Oh wait... You do know what a camera is, don't you? Feller your age could be drawing pictures of your travels.

Reactions: Agree 1 | Funny 4


----------



## Foot Patrol (Sep 16, 2018)

Colorado


----------



## Wildthings (Sep 16, 2018)

Oh that's Montana

Reactions: Agree 1


----------



## Herb G. (Sep 17, 2018)

Utah.


----------



## drycreek (Sep 17, 2018)

Wyoming looks just like a spot close to where I did a couple prong horn hunts.

Reactions: Like 1


----------



## Rich P. (Sep 17, 2018)

Looks like summer time in Alaska or atleast that what it looks like on Gold Rush.


----------



## Tom Smart (Sep 17, 2018)

In your truck taking a picture out the window.

Reactions: Like 1 | Funny 2


----------



## CWS (Sep 17, 2018)

Near the river!!!!!!!!!!!!!!!11

Reactions: Funny 1


----------



## Mike1950 (Sep 17, 2018)

Sprung said:


> I'm guessing Idaho or Montana?


Gotta be more specific


----------



## Mike1950 (Sep 17, 2018)

Got to destination yesterday. Almost zero for internet. 470 miles. Love rock formation on this pass. 



 

River at bottom of these cliffs should ring fly fisherman bell.

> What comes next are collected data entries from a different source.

-- ===== src/Base/Arrays.antt =====
-- C arrays in use, as lists with native indices.
use Prim.Native.Nat.{ℕ, zero, suc, ◌+◌, ◌<◌}
use mathlib.Core.Path.{◌∙◌, ◌≡◌, refl, ap}
use mathlib.Core.Logic.{◌≢◌}
use mathlib.Core.List.{map, List, [], ◌∷◌, ◌++◌}
use mathlib.Core.Option.{Option, none, some}
use mathlib.Core.Option
use mathlib.Core.Bool.{Bool, true, false}
use mathlib.Core.Logic.{inl, inr}
use booth.Base.Tests.{Bool-cases}
use native.Mathlib.Omega.{arith}

module _ {ℓ} {A : Type ℓ} where
  abbrev pub length : List A → ℕ
  length [] = 0
  length (x ∷ xs) = suc (length xs)

  abbrev pub get_elem? : List A → ℕ → Option A
  get_elem? [] i = none
  get_elem? (x ∷ xs) zero = some x
  get_elem? (x ∷ xs) (suc i) = get_elem? xs i

  -- A write out of bounds changes nothing.
  abbrev pub set : List A → ℕ → A → List A
  set [] i v = []
  set (x ∷ xs) zero v = v ∷ xs
  set (x ∷ xs) (suc i) v = x ∷ set xs i v

  -- The first index whose entry passes the test: a scan with an early return.
  unfoldable pub find_index : (A → Bool) → List A → Option ℕ
  find_index p [] = none
  find_index p (x ∷ xs) = elim (p x) [ true ↦ some 0 | false ↦ Option.map suc (find_index p xs) ]

  pub length-append : (xs ys : List A) → length (xs ++ ys) ≡ length xs + length ys
  length-append [] ys = omega arith
  length-append (x ∷ xs) ys = omega (arith, length-append xs ys)

  pub length-set : (xs : List A) (i : ℕ) (v : A) → length (set xs i v) ≡ length xs
  length-set [] i v = refl
  length-set (x ∷ xs) zero v = refl
  length-set (x ∷ xs) (suc i) v = ap suc (length-set xs i v)

  -- What is there stays there when something is pushed at the end.
  pub get_elem?-append_left :
      (xs ys : List A) (i : ℕ) → i < length xs → get_elem? (xs ++ ys) i ≡ get_elem? xs i
  get_elem?-append_left [] ys i h = absurd (omega arith)
  get_elem?-append_left (x ∷ xs) ys zero h = refl
  get_elem?-append_left (x ∷ xs) ys (suc i) h = get_elem?-append_left xs ys i (omega arith)

  pub get_elem?-append_right :
      (xs ys : List A) (j : ℕ) → get_elem? (xs ++ ys) (length xs + j) ≡ get_elem? ys j
  get_elem?-append_right [] ys j = ap (get_elem? ys) {y = j} (omega arith)
  get_elem?-append_right (x ∷ xs) ys j =
      ap (get_elem? (x ∷ xs ++ ys)) {y = suc (length xs + j)} (omega arith)
      ∙ get_elem?-append_right xs ys j

  pub get_elem?-append_last : (xs : List A) (y : A) → get_elem? (xs ++ y ∷ []) (length xs) ≡ some y
  get_elem?-append_last [] y = refl
  get_elem?-append_last (x ∷ xs) y = get_elem?-append_last xs y

  pub lt-length_of_get_elem? :
      (xs : List A) (i : ℕ) (a : A) → get_elem? xs i ≡ some a → i < length xs
  lt-length_of_get_elem? [] i a h = absurd (cc h)
  lt-length_of_get_elem? (x ∷ xs) zero a h = omega arith
  lt-length_of_get_elem? (x ∷ xs) (suc i) a h = omega (arith, lt-length_of_get_elem? xs i a h)

  pub get_elem?-set_self :
      (xs : List A) (i : ℕ) (v : A) → i < length xs → get_elem? (set xs i v) i ≡ some v
  get_elem?-set_self [] i v h = absurd (omega arith)
  get_elem?-set_self (x ∷ xs) zero v h = refl
  get_elem?-set_self (x ∷ xs) (suc i) v h = get_elem?-set_self xs i v (omega arith)

  pub get_elem?-set_ne :
      (xs : List A) (i j : ℕ) (v : A) → i ≢ j → get_elem? (set xs i v) j ≡ get_elem? xs j
  get_elem?-set_ne [] i j v ne = refl
  get_elem?-set_ne (x ∷ xs) zero zero v ne = absurd (ne refl)
  get_elem?-set_ne (x ∷ xs) zero (suc j) v ne = refl
  get_elem?-set_ne (x ∷ xs) (suc i) zero v ne = refl
  get_elem?-set_ne (x ∷ xs) (suc i) (suc j) v ne = get_elem?-set_ne xs i j v (λ e. ne (ap suc e))

  pub find_index-nil : (p : A → Bool) → find_index p [] ≡ none
  unfolding find_index
  find_index-nil p = refl

  -- The entry that a scan finds passes the test.
  pub find_index-some :
      (p : A → Bool) (xs : List A) (i : ℕ)
      → find_index p xs ≡ some i
      → (a : A) × (get_elem? xs i ≡ some a) × (p a ≡ true)
  unfolding find_index
  find_index-some p [] i h = absurd (cc h)
  find_index-some p (x ∷ xs) zero h = elim (Bool-cases (p x)) [
    | inl t ↦ (x, refl, t)
    | inr f ↦ absurd (ground arith)
  ]
  find_index-some p (x ∷ xs) (suc i) h = elim (Bool-cases (p x)) [
    | inl t ↦ absurd (ground arith)
    | inr f ↦ find_index-some p xs i (ground arith)
  ]

  -- A scan that finds nothing has passed no entry.
  pub find_index-none :
      (p : A → Bool) (xs : List A) (i : ℕ) (a : A)
      → find_index p xs ≡ none
      → get_elem? xs i ≡ some a
      → p a ≡ false
  unfolding find_index
  find_index-none p [] i a h e = absurd (cc e)
  find_index-none p (x ∷ xs) zero a h e = elim (Bool-cases (p x)) [
    | inl t ↦ absurd (ground arith)
    | inr f ↦ cc
  ]
  find_index-none p (x ∷ xs) (suc i) a h e = elim (Bool-cases (p x)) [
    | inl t ↦ absurd (ground arith)
    | inr f ↦ find_index-none p xs i a (ground arith) e
  ]

  -- A scan that finds nothing stops at the first entry that passes, among those pushed later.
  pub find_index-push :
      (p : A → Bool) (xs : List A) (a : A)
      → find_index p xs ≡ none
      → p a ≡ true
      → find_index p (xs ++ a ∷ []) ≡ some (length xs)
  unfolding find_index
  find_index-push p [] a h q = rw q
  find_index-push p (x ∷ xs) a h q = ground (arith, find_index-push p xs a)

  -- What was found is found at the same index when more is pushed.
  pub find_index-append :
      (p : A → Bool) (xs ys : List A) (i : ℕ)
      → find_index p xs ≡ some i
      → find_index p (xs ++ ys) ≡ some i
  unfolding find_index
  find_index-append p [] ys i h = absurd (cc h)
  find_index-append p (x ∷ xs) ys zero h = elim (Bool-cases (p x)) [
    | inl t ↦ rw t
    | inr f ↦ absurd (ground arith)
  ]
  find_index-append p (x ∷ xs) ys (suc i) h = elim (Bool-cases (p x)) [
    | inl t ↦ absurd (ground arith)
    | inr f ↦ rw (f, find_index-append p xs ys i (ground arith))
  ]

pub length-map {ℓ κ} :
    {A : Type ℓ} {B : Type κ} (xs : List A) (f : A → B) → length (map f xs) ≡ length xs
length-map [] f = refl
length-map (x ∷ xs) f = ap suc (length-map xs f)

Reactions: Like 2 | Way Cool 2


----------



## Mike1950 (Sep 17, 2018)

6:30 mt time this AM



 

Cant get better hint than that.

Reactions: Like 2 | Way Cool 2


----------



## CWS (Sep 17, 2018)

Yellowstone park waiting on old faithful.

Reactions: Like 1 | Agree 1


----------



## Mike1950 (Sep 17, 2018)

CWS said:


> Yellowstone park waiting on old faithful.


Was there overnight. Bbought dinner for daughter and went for flag lowering on roof. A mite windy up there. Makes the 87 ft in air seem a bit higher.  
But we were out of there at dawn... pics are trip out.

Reactions: Like 1


----------



## Mike1950 (Sep 17, 2018)

Had to say hi ta Ben

Reactions: Like 4 | Sincere 3


----------



## Sprung (Sep 17, 2018)

Mike1950 said:


> Gotta be more specific



The parts where there are mountains and rivers and trout fishing.

Reactions: Funny 1


----------



## Mike1950 (Sep 18, 2018)

Sprung said:


> The parts where there are mountains and rivers and trout fishing.



Grrrrr


----------



## gman2431 (Sep 19, 2018)

https://www.wzzm13.com/mobile/artic...ently-urinating-into-hot-spring/507-595963584

Guys we might have to bail ole Mike out....

Reactions: Funny 3


----------



## Mike1950 (Sep 19, 2018)

People are so stupid. A guy got gored by a rutting bull elk day before we got there. People get so close to the wildlife. Makes me nervous to watch the idiots.


----------



## Mike1950 (Sep 19, 2018)

Long gone from there.... wild but tame, well until ya try to touch one

Reactions: Like 1 | Way Cool 1


----------



## Strider (Sep 25, 2018)

Little Big horn! Hope you and Bonnie had fun time- I miss her!

Reactions: Like 1


----------



## Tclem (Sep 25, 2018)

Who cares.

Reactions: Funny 2


----------



## kweinert (Sep 25, 2018)

gman2431 said:


> https://www.wzzm13.com/mobile/artic...ently-urinating-into-hot-spring/507-595963584
> 
> Guys we might have to bail ole Mike out....



And as a follow up: https://kdvr.com/2018/09/22/colorad...-urinating-in-to-old-faithful-at-yellowstone/







No, Colorado doesn't want to claim him and wishes the geyser had done so.

Reactions: Funny 1


----------



## Mike1950 (Sep 25, 2018)

kweinert said:


> And as a follow up: https://kdvr.com/2018/09/22/colorad...-urinating-in-to-old-faithful-at-yellowstone/
> 
> 
> 
> ...



Obviously not the first bad week he has had!!!

Reactions: Agree 1 | Funny 5


----------



## Blueglass (Sep 25, 2018)

I'm on a trip myself. Arkansas right now. Beautiful.

Reactions: Like 1 | Way Cool 1


----------



## Wildthings (Sep 25, 2018)

Heading to Nashville in the morning. Can you say -- ROAD TRIP!! --

Reactions: Like 1 | Way Cool 2


----------